BEGIN Given entries
-- ===== src/MoveInto/Moved.antt =====
-- move-into overwrites nothing.
use baamhackl.Base.{
  ℕ, ◌≡◌, refl, sym, ap, ◌∙◌, subst, ◌⊎◌, ◌≤◌, length, Bool, true, false, Option, none, some, List,
  [], ◌∷◌, inl, inr, arith, Bool-cases, Option-cases,
}
use baamhackl.FilePaths.{FilePath, same_name, join, base}
use baamhackl.Waryio.{IoError, Result-cases, rename_to_available_name}
use baamhackl.Waryio.Available.{nth_name, rename_to_available_name-used}
use baamhackl.UniqueName.{Runtime, Generator}
use baamhackl.UniqueName.Create
use baamhackl.UniqueName.Create.{Clock}
use baamhackl.Journal.{next_path}
use baamhackl.MoveInto.{MoveError, move_options, preferred, move_file, move_files, execute}

-- The name that a file is to get: the preferred one, or its own where there is none.
abbrev pub wanted : FilePath → FilePath → FilePath
wanted [] oldpath = base oldpath
wanted (c ∷ cs) oldpath = c ∷ cs

preferred-wanted : (rename oldpath : FilePath) → preferred rename oldpath ≡ wanted rename oldpath
unfolding preferred same_name
preferred-wanted [] oldpath = refl
preferred-wanted (c ∷ cs) oldpath = refl

module _ {W : Type 0} (rename_without_replace : W → FilePath → FilePath → W × Option IoError)
    (clock : W → Clock) (runtime : ℕ → Runtime) (fuel : ℕ) (exists : W → FilePath → Bool)
    (no_replace : (old : FilePath) (v v' : W) (q : FilePath)
      → rename_without_replace v old q ≡ (v', none)
      → exists v q ≡ false) where
  -- The file has gone to a path where nothing existed, a name that was generated for its wanted place.
  pub record IsMoved (target_dir name oldpath : FilePath) (w w' : W) : Type 0 where
    pub generator : Generator
    pub generated :
        Create.create (clock w) (join (target_dir ∷ name ∷ [])) move_options ≡ some generator
    pub attempts : ℕ
    pub newpath : FilePath
    pub named : nth_name (next_path runtime) (generator, 0) attempts ≡ some newpath
    pub before : W
    pub free : exists before newpath ≡ false
    pub renamed : rename_without_replace before oldpath newpath ≡ (w', none)

  -- All files have, one after the other.
  abbrev pub AreMoved : FilePath → FilePath → List FilePath → W → W → Type 0
  AreMoved rename target_dir [] w z = z ≡ w
  AreMoved rename target_dir (oldpath ∷ rest) w z =
      (w' : W) × IsMoved target_dir (wanted rename oldpath) oldpath w w'
      × AreMoved rename target_dir rest w' z

  abbrev moving : FilePath → FilePath → FilePath → W → W × Option MoveError
  moving = move_file rename_without_replace clock runtime fuel

  move_file-IsMoved :
      (target_dir name oldpath : FilePath) (w : W)
      → (moving target_dir name oldpath w).1 ≡ none
      → IsMoved target_dir name oldpath w (moving target_dir name oldpath w).0
  unfolding move_file
  move_file-IsMoved target_dir name oldpath w e =
      elim (Option-cases (Create.create (clock w) (join (target_dir ∷ name ∷ [])) move_options)) [
        | inl c ↦ absurd (let f = rw (c, move_file) at e in cc)
        | inr (g, c) ↦
            elim (Option-cases (
              rename_to_available_name rename_without_replace oldpath (next_path runtime) fuel w
                (g, 0))) [
                  | inl r ↦ absurd (let f = rw (c, r, move_file) at e in cc)
                  | inr ((w', moved), r) ↦ elim (Result-cases moved) [
                    | inl (x, m) ↦ absurd (let f = rw (c, r, m, move_file) at e in cc)
                    | inr (p, m) ↦
                        let ((k, named), v, free, renamed) =
                          rename_to_available_name-used rename_without_replace (next_path runtime)
                            exists oldpath p fuel w w' (g, 0) (no_replace oldpath) (rw m at r) in
                        rw (c, r, move_file)
                          (record {
                            generator = g;
                            generated = c;
                            attempts = k;
                            newpath = p;
                            named = named;
                            before = v;
                            free = free;
                            renamed = renamed;
                          })
                  ]
                ]
      ]

  abbrev moving_all : Bool → FilePath → FilePath → List FilePath → W → W × Option MoveError
  moving_all = move_files rename_without_replace clock runtime fuel

  -- A file that could be moved is followed by the others.
  move_files-next :
      (several : Bool) (rename target_dir oldpath : FilePath) (rest : List FilePath) (w : W)
      → (moving_all several rename target_dir (oldpath ∷ rest) w).1 ≡ none
      → ((moving target_dir (preferred rename oldpath) oldpath w).1 ≡ none)
        × (moving_all several rename target_dir (oldpath ∷ rest) w
            ≡ moving_all several rename target_dir rest
                (moving target_dir (preferred rename oldpath) oldpath w).0)
  unfolding move_files
  move_files-next several rename target_dir oldpath rest w e =
      elim (Option-cases (moving target_dir (preferred rename oldpath) oldpath w).1) [
        | inr (x, k) ↦ absurd (elim (Bool-cases (same_name rename [])) [
          | inl b ↦ let f = rw (b, k, move_files) at e in cc
          | inr b ↦ elim (Bool-cases several) [
            | inl c ↦ let f = rw (b, c, move_files) at e in cc
            | inr c ↦ let f = rw (b, c, k, move_files) at e in cc
          ]
        ])
        | inl k ↦ (
          k,
          elim (Bool-cases (same_name rename [])) [
            | inl b ↦ rw (b, k, move_files) refl
            | inr b ↦ elim (Bool-cases several) [
              | inl c ↦ absurd (let f = rw (b, c, move_files) at e in cc)
              | inr c ↦ rw (b, c, k, move_files) refl
            ]
          ],
        )
      ]

  move_files-AreMoved :
      (several : Bool) (rename target_dir : FilePath) (sources : List FilePath) (w : W)
      → (moving_all several rename target_dir sources w).1 ≡ none
      → AreMoved rename target_dir sources w (moving_all several rename target_dir sources w).0
  unfolding move_files
  move_files-AreMoved several rename target_dir [] w e = refl
  move_files-AreMoved several rename target_dir (oldpath ∷ rest) w e =
      let name = preferred rename oldpath in
      let w' = (moving target_dir name oldpath w).0 in
      let (k, p) = move_files-next several rename target_dir oldpath rest w e in
      let e' : (moving_all several rename target_dir rest w').1 ≡ none =
        ap (λ (z : W × Option MoveError). z.1) (sym p) ∙ e in
      (
        w',
        subst (λ n. IsMoved target_dir n oldpath w w') (preferred-wanted rename oldpath)
            (move_file-IsMoved target_dir name oldpath w k),
        subst (λ (z : W × Option MoveError). AreMoved rename target_dir rest w' z.0) (sym p)
            (move_files-AreMoved several rename target_dir rest w' e'),
      )

  -- Where move-into returns no error, there is one file or no preferred name, and it has renamed the files
  -- one after the other, each to a name that was generated for the target directory joined with the
  -- preferred name, or with the base name of the file where there is none, and where nothing existed. It takes that a rename without replacement replaces nothing.
  pub execute-AreMoved :
      (rename target_dir : FilePath) (sources : List FilePath) (w : W)
      → (execute rename_without_replace clock runtime fuel rename target_dir sources w).1 ≡ none
      → ((same_name rename [] ≡ true) ⊎ (length sources ≤ 1))
        × AreMoved rename target_dir sources w
            (execute rename_without_replace clock runtime fuel rename target_dir sources w).0
  unfolding execute move_files
  execute-AreMoved rename target_dir [] w e = (inr (omega arith), refl)
  execute-AreMoved rename target_dir (x ∷ []) w e =
      (inr (omega arith), move_files-AreMoved false rename target_dir (x ∷ []) w e)
  execute-AreMoved rename target_dir (x ∷ y ∷ rest) w e = (
    elim (Bool-cases (same_name rename [])) [
      | inl b ↦ inl b
      | inr b ↦ absurd (let f = rw (b, move_files) at e in cc)
    ],
    move_files-AreMoved true rename target_dir (x ∷ y ∷ rest) w e,
  )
END Given entries
### Instructions for the task
Please write out the records above once more, exactly and completely.

### Response to this exercise
-- ===== src/MoveInto/Moved.antt =====
-- move-into overwrites nothing.
use baamhackl.Base.{
  ℕ, ◌≡◌, refl, sym, ap, ◌∙◌, subst, ◌⊎◌, ◌≤◌, length, Bool, true, false, Option, none, some, List,
  [], ◌∷◌, inl, inr, arith, Bool-cases, Option-cases,
}
use baamhackl.FilePaths.{FilePath, same_name, join, base}
use baamhackl.Waryio.{IoError, Result-cases, rename_to_available_name}
use baamhackl.Waryio.Available.{nth_name, rename_to_available_name-used}
use baamhackl.UniqueName.{Runtime, Generator}
use baamhackl.UniqueName.Create
use baamhackl.UniqueName.Create.{Clock}
use baamhackl.Journal.{next_path}
use baamhackl.MoveInto.{MoveError, move_options, preferred, move_file, move_files, execute}

-- The name that a file is to get: the preferred one, or its own where there is none.
abbrev pub wanted : FilePath → FilePath → FilePath
wanted [] oldpath = base oldpath
wanted (c ∷ cs) oldpath = c ∷ cs

preferred-wanted : (rename oldpath : FilePath) → preferred rename oldpath ≡ wanted rename oldpath
unfolding preferred same_name
preferred-wanted [] oldpath = refl
preferred-wanted (c ∷ cs) oldpath = refl

module _ {W : Type 0} (rename_without_replace : W → FilePath → FilePath → W × Option IoError)
    (clock : W → Clock) (runtime : ℕ → Runtime) (fuel : ℕ) (exists : W → FilePath → Bool)
    (no_replace : (old : FilePath) (v v' : W) (q : FilePath)
      → rename_without_replace v old q ≡ (v', none)
      → exists v q ≡ false) where
  -- The file has gone to a path where nothing existed, a name that was generated for its wanted place.
  pub record IsMoved (target_dir name oldpath : FilePath) (w w' : W) : Type 0 where
    pub generator : Generator
    pub generated :
        Create.create (clock w) (join (target_dir ∷ name ∷ [])) move_options ≡ some generator
    pub attempts : ℕ
    pub newpath : FilePath
    pub named : nth_name (next_path runtime) (generator, 0) attempts ≡ some newpath
    pub before : W
    pub free : exists before newpath ≡ false
    pub renamed : rename_without_replace before oldpath newpath ≡ (w', none)

  -- All files have, one after the other.
  abbrev pub AreMoved : FilePath → FilePath → List FilePath → W → W → Type 0
  AreMoved rename target_dir [] w z = z ≡ w
  AreMoved rename target_dir (oldpath ∷ rest) w z =
      (w' : W) × IsMoved target_dir (wanted rename oldpath) oldpath w w'
      × AreMoved rename target_dir rest w' z

  abbrev moving : FilePath → FilePath → FilePath → W → W × Option MoveError
  moving = move_file rename_without_replace clock runtime fuel

  move_file-IsMoved :
      (target_dir name oldpath : FilePath) (w : W)
      → (moving target_dir name oldpath w).1 ≡ none
      → IsMoved target_dir name oldpath w (moving target_dir name oldpath w).0
  unfolding move_file
  move_file-IsMoved target_dir name oldpath w e =
      elim (Option-cases (Create.create (clock w) (join (target_dir ∷ name ∷ [])) move_options)) [
        | inl c ↦ absurd (let f = rw (c, move_file) at e in cc)
        | inr (g, c) ↦
            elim (Option-cases (
              rename_to_available_name rename_without_replace oldpath (next_path runtime) fuel w
                (g, 0))) [
                  | inl r ↦ absurd (let f = rw (c, r, move_file) at e in cc)
                  | inr ((w', moved), r) ↦ elim (Result-cases moved) [
                    | inl (x, m) ↦ absurd (let f = rw (c, r, m, move_file) at e in cc)
                    | inr (p, m) ↦
                        let ((k, named), v, free, renamed) =
                          rename_to_available_name-used rename_without_replace (next_path runtime)
                            exists oldpath p fuel w w' (g, 0) (no_replace oldpath) (rw m at r) in
                        rw (c, r, move_file)
                          (record {
                            generator = g;
                            generated = c;
                            attempts = k;
                            newpath = p;
                            named = named;
                            before = v;
                            free = free;
                            renamed = renamed;
                          })
                  ]
                ]
      ]

  abbrev moving_all : Bool → FilePath → FilePath → List FilePath → W → W × Option MoveError
  moving_all = move_files rename_without_replace clock runtime fuel

  -- A file that could be moved is followed by the others.
  move_files-next :
      (several : Bool) (rename target_dir oldpath : FilePath) (rest : List FilePath) (w : W)
      → (moving_all several rename target_dir (oldpath ∷ rest) w).1 ≡ none
      → ((moving target_dir (preferred rename oldpath) oldpath w).1 ≡ none)
        × (moving_all several rename target_dir (oldpath ∷ rest) w
            ≡ moving_all several rename target_dir rest
                (moving target_dir (preferred rename oldpath) oldpath w).0)
  unfolding move_files
  move_files-next several rename target_dir oldpath rest w e =
      elim (Option-cases (moving target_dir (preferred rename oldpath) oldpath w).1) [
        | inr (x, k) ↦ absurd (elim (Bool-cases (same_name rename [])) [
          | inl b ↦ let f = rw (b, k, move_files) at e in cc
          | inr b ↦ elim (Bool-cases several) [
            | inl c ↦ let f = rw (b, c, move_files) at e in cc
            | inr c ↦ let f = rw (b, c, k, move_files) at e in cc
          ]
        ])
        | inl k ↦ (
          k,
          elim (Bool-cases (same_name rename [])) [
            | inl b ↦ rw (b, k, move_files) refl
            | inr b ↦ elim (Bool-cases several) [
              | inl c ↦ absurd (let f = rw (b, c, move_files) at e in cc)
              | inr c ↦ rw (b, c, k, move_files) refl
            ]
          ],
        )
      ]

  move_files-AreMoved :
      (several : Bool) (rename target_dir : FilePath) (sources : List FilePath) (w : W)
      → (moving_all several rename target_dir sources w).1 ≡ none
      → AreMoved rename target_dir sources w (moving_all several rename target_dir sources w).0
  unfolding move_files
  move_files-AreMoved several rename target_dir [] w e = refl
  move_files-AreMoved several rename target_dir (oldpath ∷ rest) w e =
      let name = preferred rename oldpath in
      let w' = (moving target_dir name oldpath w).0 in
      let (k, p) = move_files-next several rename target_dir oldpath rest w e in
      let e' : (moving_all several rename target_dir rest w').1 ≡ none =
        ap (λ (z : W × Option MoveError). z.1) (sym p) ∙ e in
      (
        w',
        subst (λ n. IsMoved target_dir n oldpath w w') (preferred-wanted rename oldpath)
            (move_file-IsMoved target_dir name oldpath w k),
        subst (λ (z : W × Option MoveError). AreMoved rename target_dir rest w' z.0) (sym p)
            (move_files-AreMoved several rename target_dir rest w' e'),
      )

  -- Where move-into returns no error, there is one file or no preferred name, and it has renamed the files
  -- one after the other, each to a name that was generated for the target directory joined with the
  -- preferred name, or with the base name of the file where there is none, and where nothing existed. It takes that a rename without replacement replaces nothing.
  pub execute-AreMoved :
      (rename target_dir : FilePath) (sources : List FilePath) (w : W)
      → (execute rename_without_replace clock runtime fuel rename target_dir sources w).1 ≡ none
      → ((same_name rename [] ≡ true) ⊎ (length sources ≤ 1))
        × AreMoved rename target_dir sources w
            (execute rename_without_replace clock runtime fuel rename target_dir sources w).0
  unfolding execute move_files
  execute-AreMoved rename target_dir [] w e = (inr (omega arith), refl)
  execute-AreMoved rename target_dir (x ∷ []) w e =
      (inr (omega arith), move_files-AreMoved false rename target_dir (x ∷ []) w e)
  execute-AreMoved rename target_dir (x ∷ y ∷ rest) w e = (
    elim (Bool-cases (same_name rename [])) [
      | inl b ↦ inl b
      | inr b ↦ absurd (let f = rw (b, move_files) at e in cc)
    ],
    move_files-AreMoved true rename target_dir (x ∷ y ∷ rest) w e,
  )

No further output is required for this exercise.